> **PROBLEM DETAILS**
Copy every line of the entries that has the string "PromptCall" in it.

> **RECORDED INFORMATION**
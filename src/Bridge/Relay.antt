-- ===== src/Bridge/Relay.antt =====
-- bridge/src/relay.ts: the connections of the relay. A connection object is held by callbacks after it
-- was replaced, so the objects stand in a table by connection id, and `active_connections` names them.
-- The HTTP upgrade, which calls `consumeWebSocketTicket` and then `bindConnection`, and the log lines
-- are left out. A wait that is due is a call of the callback.
pub mod Messages
pub mod Callbacks
pub mod Live
pub mod Replies
use erg.Prelude.{
  ℕ, ◌+◌, ◌-◌, ◌*◌, ◌/◌, Bool, true, false, Option, none, some, List, [], ◌∷◌, ◌++◌, Text, Map,
  codes, get, set, remove, leb, ltb, ◌==◌, if◌then◌else◌, text_eq,
}
use erg.Bridge.Store.{State}
use erg.Bridge.Ids.{Bytes, create_id}
use erg.Bridge.Services.Access.{ConsumedWebSocketTicket}
use erg.Bridge.Services.Activity.{record_connection_event}

abbrev pub newest_connection_close_code : ℕ
newest_connection_close_code = 4009

abbrev pub revoked_close_code : ℕ
revoked_close_code = 4003

abbrev pub stale_connection_close_code : ℕ
stale_connection_close_code = 4011

abbrev pub server_restart_close_code : ℕ
server_restart_close_code = 4010

-- `is_open` is `ws.readyState === OPEN`. A timer that runs holds its delay.
pub record RelayConnection : Type 0 where
  pub is_open : Bool
  pub connection_id : Text
  pub device_id : Text
  pub conversation_id : Text
  pub access_expires_at : ℕ
  pub remote_ip : Option Text
  pub ready_sent : Bool
  pub last_pong_at_ms : ℕ
  pub heartbeat_timer : Bool
  pub expiring_timer : Option ℕ

pub data ErrorCode : Type 0 where
  invalid_json unknown_message_type hello_required prompt_invalid prompt_interrupted : ErrorCode

-- The JSON frames, by their `type`, with the fields that are not constants.
pub data Frame : Type 0 where
  ready : Text → ℕ → ℕ → ℕ → Frame
  ping : Text → Frame
  token_expiring : ℕ → Frame
  revoked : Text → Frame
  reply_delta : Text → Text → Text → Frame
  reply_final : Text → Text → Text → Text → Frame
  error : ErrorCode → Bool → Option Text → Frame

-- A prompt that waits for the answer of OpenClaw.
pub record PromptCall : Type 0 where
  pub connection_id : Text
  pub prompt_id : Text
  pub conversation_id : Text
  pub request_id : Text
  pub session_key : Text
  pub prompt : Text

pub record Relay : Type 0 where
  pub connections : Map RelayConnection
  pub active_connections : Map Text
  pub store : State
  pub sent : List (Text × Frame)
  pub calls : List PromptCall

pub record RelayConfig : Type 0 where
  pub relay_heartbeat_interval_ms : ℕ
  pub relay_pong_timeout_ms : ℕ
  pub relay_stale_miss_count : ℕ

-- A write to the fields of a connection object.
unfoldable pub put : RelayConnection → Relay → Relay
put c s = record s { connections = set s.connections c.connection_id c }

abbrev pub follow : Map RelayConnection → Option Text → Option RelayConnection
follow connections none = none
follow connections (some id) = get connections id

-- `activeConnections.get(deviceId)`
unfoldable pub active : Relay → Text → Option RelayConnection
active s device_id = follow s.connections (get s.active_connections device_id)

unfoldable pub send_json : RelayConnection → Frame → Relay → Relay
send_json c frame s =
    if c.is_open then record s { sent = s.sent ++ (c.connection_id, frame) ∷ [] } else s

abbrev pub is_same : Option Text → Text → Bool
is_same none id = false
is_same (some other) id = text_eq other id

-- The event that is recorded for a connection that is no longer active.
abbrev pub close_event : Option ℕ → Text
close_event none = codes "closed"
close_event (some code) = if code == revoked_close_code then codes "revoked" else codes "closed"

-- `bytes` are drawn for the id of the connection event.
unfoldable pub cleanup_connection : ℕ → Bytes → RelayConnection → Option ℕ → Relay → Relay
unfolding put record_connection_event
cleanup_connection now bytes c close_code s =
    let quiet : Relay = put (record c { heartbeat_timer = false; expiring_timer = none }) s in
    if is_same (get s.active_connections c.device_id) c.connection_id
    then record quiet {
      active_connections = remove s.active_connections c.device_id;
      store =
          record_connection_event now bytes
            (record {
              device_id = c.device_id;
              connection_id = c.connection_id;
              event_type = close_event close_code;
              ip = c.remote_ip;
              close_code = close_code;
            })
            s.store;
    }
    else quiet

-- `ws.close(code)`, then `cleanupConnection`.
unfoldable pub close_and_cleanup : ℕ → Bytes → RelayConnection → ℕ → Relay → Relay
unfolding put cleanup_connection
close_and_cleanup now bytes c code s =
    let closed : RelayConnection = record c { is_open = false } in
    cleanup_connection now bytes closed (some code) (put closed s)

-- The notice that the access token runs out: a minute ahead, or at once.
unfoldable pub schedule_token_expiring : ℕ → RelayConnection → Relay → Relay
unfolding put send_json
schedule_token_expiring now c s =
    if leb c.access_expires_at (now + 60000)
    then send_json c (token_expiring c.access_expires_at) s
    else put (record c { expiring_timer = some (c.access_expires_at - now - 60000) }) s

unfoldable pub close_existing : ℕ → Bytes → Option RelayConnection → Relay → Relay
unfolding close_and_cleanup
close_existing now bytes none s = s
close_existing now bytes (some existing) s =
    close_and_cleanup now bytes existing newest_connection_close_code s

abbrev pub new_connection : ℕ → Text → Option Text → ConsumedWebSocketTicket → RelayConnection
new_connection now id remote_ip ticket = record {
  is_open = true;
  connection_id = id;
  device_id = ticket.device_id;
  conversation_id = ticket.conversation_id;
  access_expires_at = ticket.access_expires_at;
  remote_ip = remote_ip;
  ready_sent = false;
  last_pong_at_ms = now;
  heartbeat_timer = true;
  expiring_timer = none;
}

-- The bytes are drawn for the connection's id, and for the events of the old and the new one.
unfoldable pub bind_connection :
    ℕ → Bytes → Bytes → Bytes → Option Text → ConsumedWebSocketTicket → Relay → Relay
unfolding active close_existing put create_id record_connection_event schedule_token_expiring
bind_connection now id_bytes old_bytes new_bytes remote_ip ticket s =
    let freed = close_existing now old_bytes (active s ticket.device_id) s in
    let c = new_connection now (create_id (codes "con") id_bytes) remote_ip ticket in
    let bound : Relay = put c freed in
    let active_now : Relay = record bound {
      active_connections = set freed.active_connections c.device_id c.connection_id;
      store =
          record_connection_event now new_bytes
            (record {
              device_id = c.device_id;
              connection_id = c.connection_id;
              event_type = codes "connected";
              ip = c.remote_ip;
              close_code = none;
            })
            freed.store;
    } in
    schedule_token_expiring now c active_now

unfoldable pub revoke_active : ℕ → Bytes → Text → Option RelayConnection → Relay → Relay
unfolding send_json close_and_cleanup
revoke_active now bytes reason none s = s
revoke_active now bytes reason (some c) s =
    close_and_cleanup now bytes c revoked_close_code (send_json c (revoked reason) s)

unfoldable pub revoke_device : ℕ → Bytes → Text → Text → Relay → Relay
unfolding active revoke_active
revoke_device now bytes device_id reason s = revoke_active now bytes reason (active s device_id) s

> **OUTPUT FOR THIS TASK**
pub record PromptCall : Type 0 where
  pub calls : List PromptCall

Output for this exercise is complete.